Exercise brief >> This exercise calls for every line of the data below with the string "abbrev" in it.

====== Supplied material ======

-- ===== src/Node/Inner/Incoming/Claiming.antt =====
-- node/node_internal/src/node.rs: how a node claims the payments that are made to it, and those that it
-- has passed on when their preimage comes back.
use mathlib.Core.List.{append-nil}
use stargate.Common.{ℕ, ◌≡◌, ◌⊎◌, refl, sym, ◌∙◌, ap, true, Option, none, some, List, [], ◌++◌}
use stargate.Common.Outcome.{ok}
use stargate.Common.Handler.{◌>>=◌, pure, modify, run-bind, run-lift, run-gets}
use stargate.Common.Text.{codes}
use stargate.Libra.{Bytes}
use stargate.Invoice.{get_previous_hop}
use stargate.Messages.{channel_transaction_request, channel_transaction_response}
use stargate.Proposal.Requests.{
  ChannelTransactionRequest, ChannelTransactionResponse, channel_txn, request_id,
}
use stargate.Wallet.{Wallet}
use stargate.Wallet.Handle
use stargate.Wallet.Handle.{verify_txn, approve_txn}
use stargate.Wallet.Actions.{receive_payment, channel_script, preimage_args}
use stargate.Wallet.Htlc.{parse_htlc_payment-payment_args}
use stargate.Node.Futures.{drop_future}
use stargate.Node.Wire.{add_message_type}
use stargate.Node.Inner.{
  NodeWorld, NodeInner, NetworkMessage, on_wallet, send_channel_request, dropped,
}
use stargate.Node.Inner.Sending.{send_request-runs, on_wallet-runs, with_message}
use stargate.Node.Inner.Incoming.{
  from_htlc, on_transfer, passed_back, on_receive, handle_network_msg,
}
use stargate.Node.Inner.Incoming.Forwarding.{to_peer}
use stargate.Node.Inner.Incoming.Settling.{requested, hears, settles}

abbrev pub option : {A B : Type 0} → B → (A → B) → Option A → B
option b f none = b
option b f (some a) = f a

module _ (nw : NodeWorld) where
  abbrev pub answer_to : ℕ → ChannelTransactionResponse → List NetworkMessage
  answer_to peer_id resp =
      to_peer peer_id
        (add_message_type (nw.response.into_proto_bytes resp) channel_transaction_response)

  abbrev pub claim_of : ℕ → ChannelTransactionRequest → List NetworkMessage
  claim_of to request =
      to_peer to
        (add_message_type (nw.request.into_proto_bytes request) channel_transaction_request)

  module _ (reads : nw.network_reads ≡ true) where
    -- a request to receive a payment, whose future nobody takes
    claims :
        (preimage to : ℕ) (request : ChannelTransactionRequest) (s : NodeInner) (w : Wallet)
        → receive_payment nw.ww to (nw.c.hash_to_vec preimage) s.wallet ≡ (ok request, w)
        → (t : NodeInner) × ((on_wallet (receive_payment nw.ww to (nw.c.hash_to_vec preimage))
                >>= λ r. dropped (send_channel_request nw to r channel_transaction_request))
              s
            ≡ (ok tt, t))
          × (t.sent ≡ s.sent ++ claim_of to request)
          × (t.wallet ≡ w)
    unfolding dropped modify
    claims preimage to request s w proposed =
        let (t, runs, sent) =
          send_request-runs nw to request channel_transaction_request (record s { wallet = w })
            reads in
        (
          record t { message_processor = drop_future t.message_processor s.message_processor.next },
          run-bind _ _ s
                (on_wallet-runs (receive_payment nw.ww to (nw.c.hash_to_vec preimage)) s proposed)
              ∙ run-bind _ _ _ runs,
          sent.message,
          sent.wallet,
        )

    passes_back_to :
        (preimage : ℕ) (s : NodeInner) (claim : ℕ → ChannelTransactionRequest) (w : ℕ → Wallet)
        (previous : Option ℕ)
        → ((to : ℕ)
            → previous ≡ some to
            → receive_payment nw.ww to (nw.c.hash_to_vec preimage) s.wallet ≡ (ok (claim to), w to))
        → (t : NodeInner) × (passed_back nw preimage previous s ≡ (ok tt, t))
          × (t.sent ≡ s.sent ++ option [] (λ to. claim_of to (claim to)) previous)
          × (t.wallet ≡ option s.wallet w previous)
    unfolding passed_back pure
    passes_back_to preimage s claim w none proposed = (s, refl, sym (append-nil s.sent), refl)
    passes_back_to preimage s claim w (some to) proposed =
        claims preimage to (claim to) s (w to) (proposed to refl)

    module _ (back : (h : ℕ) → nw.from_slice (nw.c.hash_to_vec h) ≡ some h) (peer_id : ℕ)
        (data_bytes : Bytes) (request : ChannelTransactionRequest)
        (resp : ChannelTransactionResponse) (s : NodeInner) (u v x : Wallet) (gas : ℕ)
        (read : nw.request.from_proto_bytes data_bytes ≡ some request)
        (agreed : (verify_txn nw.ww peer_id request s.wallet ≡ (ok (some resp), v))
          ⊎ ((s.auto_approve ≡ true)
              × (verify_txn nw.ww peer_id request s.wallet ≡ (ok none, u))
              × (approve_txn nw.ww peer_id (request_id nw.ww.world.x.txn_hash request) u
                  ≡ (ok resp, v))))
        (applied : Handle.apply_txn nw.ww peer_id v ≡ (ok gas, x)) where
      -- the node after it has answered and applied the request
      abbrev settled : NodeInner
      settled =
          with_message peer_id
            (add_message_type (nw.response.into_proto_bytes resp) channel_transaction_response)
            (record s { wallet = x })

      -- While the network takes what the node sends, and hashes are read back from their bytes: a peer's
      -- claim of a payment of the node with its preimage, which the wallet agrees to, at once or approved
      -- by a node that approves by itself, and applies. The node answers the peer; where it keeps a
      -- previous hop for the preimage, and the wallet proposes the claim, it then sends that hop a claim
      -- of its payment with the same preimage, and where it keeps none it sends nothing else.
      pub passes_back :
          (preimage : ℕ) (claim : ℕ → ChannelTransactionRequest) (w : ℕ → Wallet)
          → (channel_txn request).operator ≡ channel_script (codes "receive_payment")
          → (channel_txn request).args ≡ preimage_args (nw.c.hash_to_vec preimage)
          → ((previous : ℕ)
              → get_previous_hop nw.c s.invoice_mgr preimage ≡ some previous
              → receive_payment nw.ww previous (nw.c.hash_to_vec preimage) x
                ≡ (ok (claim previous), w previous))
          → (t : NodeInner) × (handle_network_msg nw (requested nw peer_id data_bytes) s
              ≡ (ok tt, t))
            × (t.sent
                ≡ (s.sent ++ answer_to peer_id resp)
                  ++ option []
                      (λ previous. claim_of previous (claim previous))
                      (get_previous_hop nw.c s.invoice_mgr preimage))
            × (t.wallet ≡ option x w (get_previous_hop nw.c s.invoice_mgr preimage))
      unfolding on_transfer on_receive pure
      passes_back preimage claim w operator args proposed =
          let (t, runs, sent, wallet) =
            passes_back_to preimage settled claim w (get_previous_hop nw.c s.invoice_mgr preimage)
              proposed in
          let (_, _, _, receipt, no_transfer, of_args) =
            parse_htlc_payment-payment_args nw.from_slice nw.c.hash_to_vec 0 0 0 0 preimage back in
          (
            t,
            hears nw peer_id data_bytes request s t read (
                settles nw reads peer_id request resp s u v x gas agreed applied
                ∙ rw (operator, args, receipt, no_transfer)
                    (run-bind _ _ settled refl
                      ∙ run-lift _ _ settled (ap from_htlc of_args)
                      ∙ run-gets _ _ settled refl
                      ∙ runs)),
            sent,
            wallet,
          )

======

Response >>
abbrev pub option : {A B : Type 0} → B → (A → B) → Option A → B
  abbrev pub answer_to : ℕ → ChannelTransactionResponse → List NetworkMessage
  abbrev pub claim_of : ℕ → ChannelTransactionRequest → List NetworkMessage
      abbrev settled : NodeInner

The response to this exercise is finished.